%%
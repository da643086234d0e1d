-- ===== src/Mdoc/Cbor.antt =====
-- internal/mdocverify/verify.go and cose.go: decoded CBOR values, and what reads them.
use fikua_lab_idp.Prelude.{
  ℕ, ◌-◌, ◌^◌, String, Bool, false, Option, none, some, List, [], ◌∷◌, ltb, nat_eq, ◌==◌, ◌||◌,
  ◌<>◌, if◌then◌else◌,
}
use fikua_lab_idp.Assoc.{Assoc, get, put}
use fikua_lab_idp.Action.{Result, ok, err}

-- An `int64`.
pub data ℤ : Type 0 where
  pos : ℕ → ℤ
  negsuc : ℕ → ℤ

-- Go's `any` after `cbor.Unmarshal`. `raw` is a `cbor.RawMessage`, `date` a `time.Time`, and `other` a
-- value of another type, by the type's name.
mutual
  pub data Value : Type 0 where
    null : Value
    boolean : Bool → Value
    uint64 : ℕ → Value
    int64 : ℤ → Value
    bytes : String → Value
    text : String → Value
    raw : String → Value
    date : ℕ → Value
    tag : ℕ → Value → Value
    array : Items → Value
    text_map : Fields → Value
    any_map : Pairs → Value
    other : String → Value

  pub data Items : Type 0 where
    nil : Items
    cons : Value → Items → Items

  pub data Fields : Type 0 where
    end : Fields
    field : String → Value → Fields → Fields

  pub data Pairs : Type 0 where
    stop : Pairs
    pair : Value → Value → Pairs → Pairs

abbrev pub same_int : ℤ → ℤ → Bool
same_int (pos m) (pos n) = nat_eq m n
same_int (negsuc m) (negsuc n) = nat_eq m n
same_int _ _ = false

-- `int64(n)` of a `uint64` wraps around.
unfoldable pub to_int64 : Value → Option ℤ
to_int64 (uint64 n) = some (if ltb n (2 ^ 63) then pos n else negsuc (2 ^ 64 - 1 - n))
to_int64 (int64 n) = some n
to_int64 _ = none

abbrev pub as_text : Option Value → Option String
as_text (some (text s)) = some s
as_text _ = none

-- `s, _ := m[key].(string)`
abbrev pub text_of : Option Value → String
text_of v = elim (as_text v) [ none ↦ "" | some s ↦ s ]

abbrev pub as_bytes : Value → Option String
as_bytes (bytes s) = some s
as_bytes _ = none

abbrev pub items : Items → List Value
items nil = []
items (cons v rest) = v ∷ items rest

abbrev pub as_array : Option Value → Option (List Value)
as_array (some (array xs)) = some (items xs)
as_array _ = none

abbrev pub entries : Fields → Assoc Value
entries end = []
entries (field k v rest) = (k, v) ∷ entries rest

abbrev pub pairs : Pairs → List (Value × Value)
pairs stop = []
pairs (pair k v rest) = (k, v) ∷ pairs rest

-- `m, ok := v.(map[string]any)`
abbrev pub as_text_map : Value → Option (Assoc Value)
as_text_map (text_map fs) = some (entries fs)
as_text_map _ = none

-- `m, ok := v.(map[any]any)`
abbrev pub as_any_map : Option Value → Option (List (Value × Value))
as_any_map (some (any_map ps)) = some (pairs ps)
as_any_map _ = none

-- The value under the first key that is this integer, in the order in which `range` visits the map.
unfoldable pub at_int : ℤ → List (Value × Value) → Option Value
at_int n [] = none
at_int n ((k, v) ∷ rest) =
    let others = at_int n rest in
    elim (to_int64 k) [ none ↦ others | some m ↦ if same_int m n then some v else others ]

-- `print_key` is `fmt.Sprint`, and `type_name` is `%T`.
module _ (print_key : Value → String) (type_name : Value → String) where
  -- `out[fmt.Sprint(k)] = v`, for each entry
  unfoldable pub keyed_by_text : List (Value × Value) → Assoc Value → Assoc Value
  keyed_by_text [] out = out
  keyed_by_text ((k, v) ∷ rest) out = keyed_by_text rest (put (print_key k) v out)

  unfoldable pub require_map : Assoc Value → String → String → Result String (Assoc Value)
  unfolding keyed_by_text
  require_map parent key message = elim (get key parent) [
    | none ↦ err message
    | some value ↦ elim value [
      | text_map fs ↦ ok (entries fs)
      | any_map ps ↦ ok (keyed_by_text (pairs ps) [])
      | v ↦ err (message <> ": not a CBOR map (" <> type_name v <> ")")
    ]
  ]

-- `delete(out, k)`, and `out[k] = v`
abbrev without_field : String → Fields → Fields
without_field k end = end
without_field k (field j v rest) =
    let others = without_field k rest in if j == k then others else field j v others

abbrev set_field : String → Value → Fields → Fields
set_field k v fs = field k v (without_field k fs)

abbrev date_text : ℕ → Value → Option String
date_text n (text s) = if nat_eq n 0 || nat_eq n 1004 then some s else none
date_text n _ = none

module _ (print_key : Value → String) where
  -- A plain value: tags are taken off, and all keys become texts.
  unfoldable mutual
    pub cbor_to_go : Value → Value
    cbor_to_go (tag n v) =
        let inner = cbor_to_go v in elim (date_text n v) [ none ↦ inner | some s ↦ text s ]
    cbor_to_go (array xs) = array (items_to_go xs)
    cbor_to_go (any_map ps) = text_map (pairs_to_go ps end)
    cbor_to_go (text_map fs) = text_map (fields_to_go fs)
    cbor_to_go v = v

    items_to_go : Items → Items
    items_to_go nil = nil
    items_to_go (cons v rest) = cons (cbor_to_go v) (items_to_go rest)

    pairs_to_go : Pairs → Fields → Fields
    pairs_to_go stop out = out
    pairs_to_go (pair k v rest) out = pairs_to_go rest (set_field (print_key k) (cbor_to_go v) out)

    fields_to_go : Fields → Fields
    fields_to_go end = end
    fields_to_go (field k v rest) = field k (cbor_to_go v) (fields_to_go rest)
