-- ===== src/Mdoc/Cose.antt =====
-- internal/mdocverify/cose.go: COSE_Sign1 structures.
use fikua_lab_idp.Prelude.{
  ℕ, String, Bool, false, not, Option, none, some, List, [], ◌∷◌, nat_eq, ◌<>◌,
}
use fikua_lab_idp.Action.{Result, ok, err}
use fikua_lab_idp.Fallible.{◌>>=◌, ◌>>◌, or_fail, reject_if, wrapped}
use fikua_lab_idp.Mdoc.Cbor.{ℤ, negsuc, same_int, Value, text, bytes, array, cons, nil, to_int64}

-- A COSE_Sign1; `x5chain` is the unprotected header with label 33. Bytes are texts.
pub record CoseSign1 : Type 0 where
  pub protected : String
  pub x5chain : Option String
  pub payload : String
  pub signature : String

-- The functions of the CBOR, X.509, ECDSA and hash libraries. A text on the left of a `Result` is the
-- error's. Times are nanoseconds from Go's zero time.
pub record Library (Cert EcKey : Type 0) : Type 0 where
  -- `cbor.Marshal`
  pub marshal : Value → Result String String
  -- `cbor.Unmarshal` into a `[]byte`, a `[][]byte`, a `coseSign1`, and a `map[int]any` (its entry 1)
  pub unmarshal_bytes : String → Result String String
  pub unmarshal_chain : String → Result String (List String)
  pub unmarshal_sign1 : String → Result String CoseSign1
  pub unmarshal_alg : String → Result String (Option Value)
  -- `cbor.Unmarshal` into a `map[string]any`, and into a `cbor.Tag`
  pub unmarshal_map : String → Result String (List (String × Value))
  pub unmarshal_tag : String → Result String (ℕ × Value)
  -- `base64.RawURLEncoding.DecodeString`
  pub decode_base64_url : String → Result String String
  pub sha256 : String → String
  -- the number of bytes
  pub byte_length : String → ℕ
  -- `ecdsa.Verify` of a digest, with the two halves of a signature of 64 bytes
  pub ecdsa_verify : EcKey → String → String → Bool
  -- the public key at these coordinates on P-256
  pub p256_point : String → String → EcKey
  -- `x509.ParseCertificate`
  pub parse_certificate : String → Result String Cert
  -- the certificate's key; on the left what `%T` prints of a key that is not EC
  pub ec_key : Cert → Result String EcKey
  pub not_before : Cert → ℕ
  pub not_after : Cert → ℕ
  pub is_ca : Cert → Bool
  pub subject : Cert → String
  pub issuer : Cert → String
  pub equal : Cert → Cert → Bool
  -- `subject.CheckSignatureFrom(issuer)`, the error if there is one
  pub check_signature : Cert → Cert → Option String
  -- `time.Parse(time.RFC3339, s)`, and `t.Format(time.RFC3339)`
  pub parse_time : String → Result String ℕ
  pub format_time : ℕ → String
  -- `%v`, `%T`, `%d` and `%q`
  pub print_value : Value → String
  pub type_name : Value → String
  pub decimal : ℕ → String
  pub int_text : ℤ → String
  pub quote : String → String

-- -7
abbrev pub cose_alg_es256 : ℤ
cose_alg_es256 = negsuc 6

abbrev pub is_es256 : Value → Bool
is_es256 alg = elim (to_int64 alg) [ none ↦ false | some n ↦ same_int n cose_alg_es256 ]

module _ {Cert EcKey : Type 0} (lib : Library Cert EcKey) where
  -- `["Signature1", protected, h'', payload]`
  abbrev pub sig_structure : CoseSign1 → String → Value
  sig_structure sign1 payload = array (
      cons (text "Signature1")
        (cons (bytes sign1.protected) (cons (bytes "") (cons (bytes payload) nil))))

  unfoldable pub verify_cose_sign1_detached : CoseSign1 → String → EcKey → Result String (Unit {0})
  verify_cose_sign1_detached sign1 payload key = do
    header ←
        wrapped "COSE_Sign1 protected header is not a CBOR map: "
          (lib.unmarshal_alg sign1.protected)
    alg ← or_fail header "COSE_Sign1 protected header has no alg"
    reject_if (not (is_es256 alg))
        ("COSE_Sign1 alg is " <> lib.print_value alg <> ", want ES256 (-7)")
    to_be_signed ← lib.marshal (sig_structure sign1 payload)
    reject_if (not (nat_eq (lib.byte_length sign1.signature) 64)) (
        "COSE_Sign1 signature is "
        <> lib.decimal (lib.byte_length sign1.signature)
        <> " bytes, want 64 (P-256 r||s)")
    reject_if (not (lib.ecdsa_verify key (lib.sha256 to_be_signed) sign1.signature))
        "COSE_Sign1 signature is invalid"

  unfoldable pub verify_cose_sign1_attached : CoseSign1 → EcKey → Result String String
  unfolding verify_cose_sign1_detached
  verify_cose_sign1_attached sign1 key = do
    payload ←
        wrapped "COSE_Sign1 payload is not a byte string: " (lib.unmarshal_bytes sign1.payload)
    verify_cose_sign1_detached sign1 payload key
    ok payload

  -- The loop over the certificates of the chain.
  unfoldable pub parse_chain : List String → Result String (List Cert)
  parse_chain [] = ok []
  parse_chain (der ∷ rest) =
      let others = parse_chain rest in
      (do
        cert ← wrapped "parsing x5chain certificate: " (lib.parse_certificate der)
        certs ← others
        ok (cert ∷ certs))

  abbrev chain_of : Result String String → String → Result String (List Cert)
  chain_of (ok single) header = parse_chain (single ∷ [])
  chain_of (err reason) header = do
    multiple ←
        wrapped "x5chain is neither a byte string nor an array of them: "
          (lib.unmarshal_chain header)
    parse_chain multiple

  unfoldable pub cose_cert_chain : CoseSign1 → Result String (List Cert)
  unfolding parse_chain
  cose_cert_chain sign1 = elim sign1.x5chain [
    | none ↦ ok []
    | some header ↦ chain_of (lib.unmarshal_bytes header) header
  ]

  unfoldable pub decode_cose_sign1 : Value → Result String CoseSign1
  decode_cose_sign1 value = do encoded ← lib.marshal value; lib.unmarshal_sign1 encoded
%%
**Problem to work on**. Return each line of the data that contains the string "negsuc".

**Exercise result**.
  negsuc : ℕ → ℤ
same_int (negsuc m) (negsuc n) = nat_eq m n
to_int64 (uint64 n) = some (if ltb n (2 ^ 63) then pos n else negsuc (2 ^ 64 - 1 - n))
use fikua_lab_idp.Mdoc.Cbor.{ℤ, negsuc, same_int, Value, text, bytes, array, cons, nil, to_int64}
cose_alg_es256 = negsuc 6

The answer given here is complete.